Bakura widened his eyes, shocked to no end. Behind him Jono and Malik had also stiffened, staring at Bakura and Yugi with disbelief.

"Why?" Malik breathed. "Why? Yugi! You know what will happen if the pharaoh sees you!"

"I'm so sorry," Yugi cried. "But… but the Gods… I am the Treasure of the World and should belong to the Gods alone. I'm not supposed to be known by mortals, so the Gods planned on disposing you. All of you. I don't want that to happen so I… But I'm scared, Bakura. I don't dare to face the pharaoh. I don't dare to leave you. I don't dare to deceive you like the Gods me."

Jono threw his head around, looking in all directions like for an answer.

"We must escape," he growled. "They are trying to surround us."

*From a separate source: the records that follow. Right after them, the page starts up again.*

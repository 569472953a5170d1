-- ===== src/Auth/Tests.antt =====
-- A visitor of a report, and the forms of the login and of a new password.
use expense_saas.Prelude.{none, some, true, false, [], ◌∷◌, ◌≡◌, refl, ◌==◌, if◌then◌else◌, arith}
use expense_saas.Texts.{codes, Chars}
use expense_saas.Store.{get_access_token, get_refresh_token}
use expense_saas.Hooks.{dashboard, query_key, current_user}
use expense_saas.Hooks.Screens.{begins}
use expense_saas.Auth.{
  Tab, signed_in, private_route, login_ends, reset_ends, api_client_error, form, token_invalid,
  other_error,
}
use expense_saas.Auth.Session.{login_ends-returns, attempts, Splits, is_search}
use expense_saas.Auth.Schemas.{SignupInput, PasswordResetFormValues}

abbrev visitor : Tab
visitor = record {
  store = record {
    access_token = none;
    refresh_token = none;
    session = record { reads = true; writes = true; removes = true; items = [] };
  };
  cache = record { query_key = query_key dashboard; is_invalidated = false } ∷ [];
  location = record { pathname = codes "/reports/7"; search = codes "?tab=1"; from = none };
  prefetched = [];
  api_error = none;
}

visitor_access : get_access_token visitor.store ≡ none
unfolding get_access_token
visitor_access = refl

-- A router that splits at the first question mark.
abbrev split : Chars → Chars × Chars
split [] = ([], [])
split (c ∷ s) = let rest = split s in if c == b'?' then ([], c ∷ s) else (c ∷ rest.0, rest.1)

split-search : (s : Chars) → is_search s ≡ true → split s ≡ ([], s)
split-search [] h = refl
split-search (c ∷ s) h = ground (arith, h)

split-Splits : Splits split
split-Splits [] s p h = split-search s h
split-Splits (c ∷ cs) s p h = ground (arith, p, split-Splits cs s, h)

abbrev tried : Tab
tried = attempts begins split (other_error ∷ []) (private_route visitor)

login_ends-returns_example :
    (tried.location.pathname ≡ codes "/login")
    × ((login_ends begins split (signed_in "a" "r") tried).location.pathname ≡ codes "/reports/7")
    × ((login_ends begins split (signed_in "a" "r") tried).location.search ≡ codes "?tab=1")
    × (private_route (login_ends begins split (signed_in "a" "r") tried)
        ≡ login_ends begins split (signed_in "a" "r") tried)
    × (get_refresh_token (login_ends begins split (signed_in "a" "r") tried).store ≡ some "r")
login_ends-returns_example =
    login_ends-returns begins split (other_error ∷ []) visitor "a" "r" split-Splits visitor_access
      refl refl

-- The answer that the dashboard had for another user is kept, and not marked.
dashboard_kept :
    (login_ends begins split (signed_in "a" "r") visitor).cache
    ≡ record { query_key = query_key dashboard; is_invalidated = false }
      ∷ record { query_key = query_key current_user; is_invalidated = false }
      ∷ []
unfolding login_ends query_key
dashboard_kept = refl

expired :
    reset_ends
      (some (api_client_error "TOKEN_EXPIRED"))
      record { view_state = form; api_error = none }
    ≡ record { view_state = token_invalid; api_error = none }
unfolding reset_ends
expired = refl

abbrev input : SignupInput
input = record {
  company_name = codes "Acme";
  user_name = codes "Jo";
  email = codes "jo@acme.example";
  password = codes "correct horse";
}

abbrev twice : PasswordResetFormValues
twice = record { new_password = codes "new secret"; confirm_password = codes "new secret" }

"Over my dead body," Bakura growled and wrapped his carefully mended cloak around Yugi, covering the boy's body as completely as possible, only leaving his face visible so that he could breathe, and lifted him into his arms.

"Bakura?"

"There must be something we can do," the thief king growled in frustration. "I won't let the pharaoh have Yugi, and if the Gods wish to dispose of me, then let them. I will take the pharaoh with me. Jono, where is the net the weakest?"

"North. But they're moving into the oasis too."

Jono growled to the east and grew into his first form. Malik was still petrified.

"Malik!"

The cat flinched and looked at Bakura who waited for him. Malik didn't know what to do, but there was strong determination in Bakura's eyes, and that gave him enough strength. Yugi would explain everything later.

"Jono and I will confuse them."


Seto's head was pounding. As he looked at the greenery of the oasis flashes of memories covered his vision. Animals. Everywhere there were animals. Animals of all sorts. Half of them he couldn't even name or tell what sort of animal they were. Humans with animal parts; ears, wings, tails, claws, stripes, fur, coloured skin, funnily bent legs, teeth, oddly coloured skin, snake eyes. A woman opened her mouth and bit into the head of a large feline holding a cub. Everything was covered with a layer of red.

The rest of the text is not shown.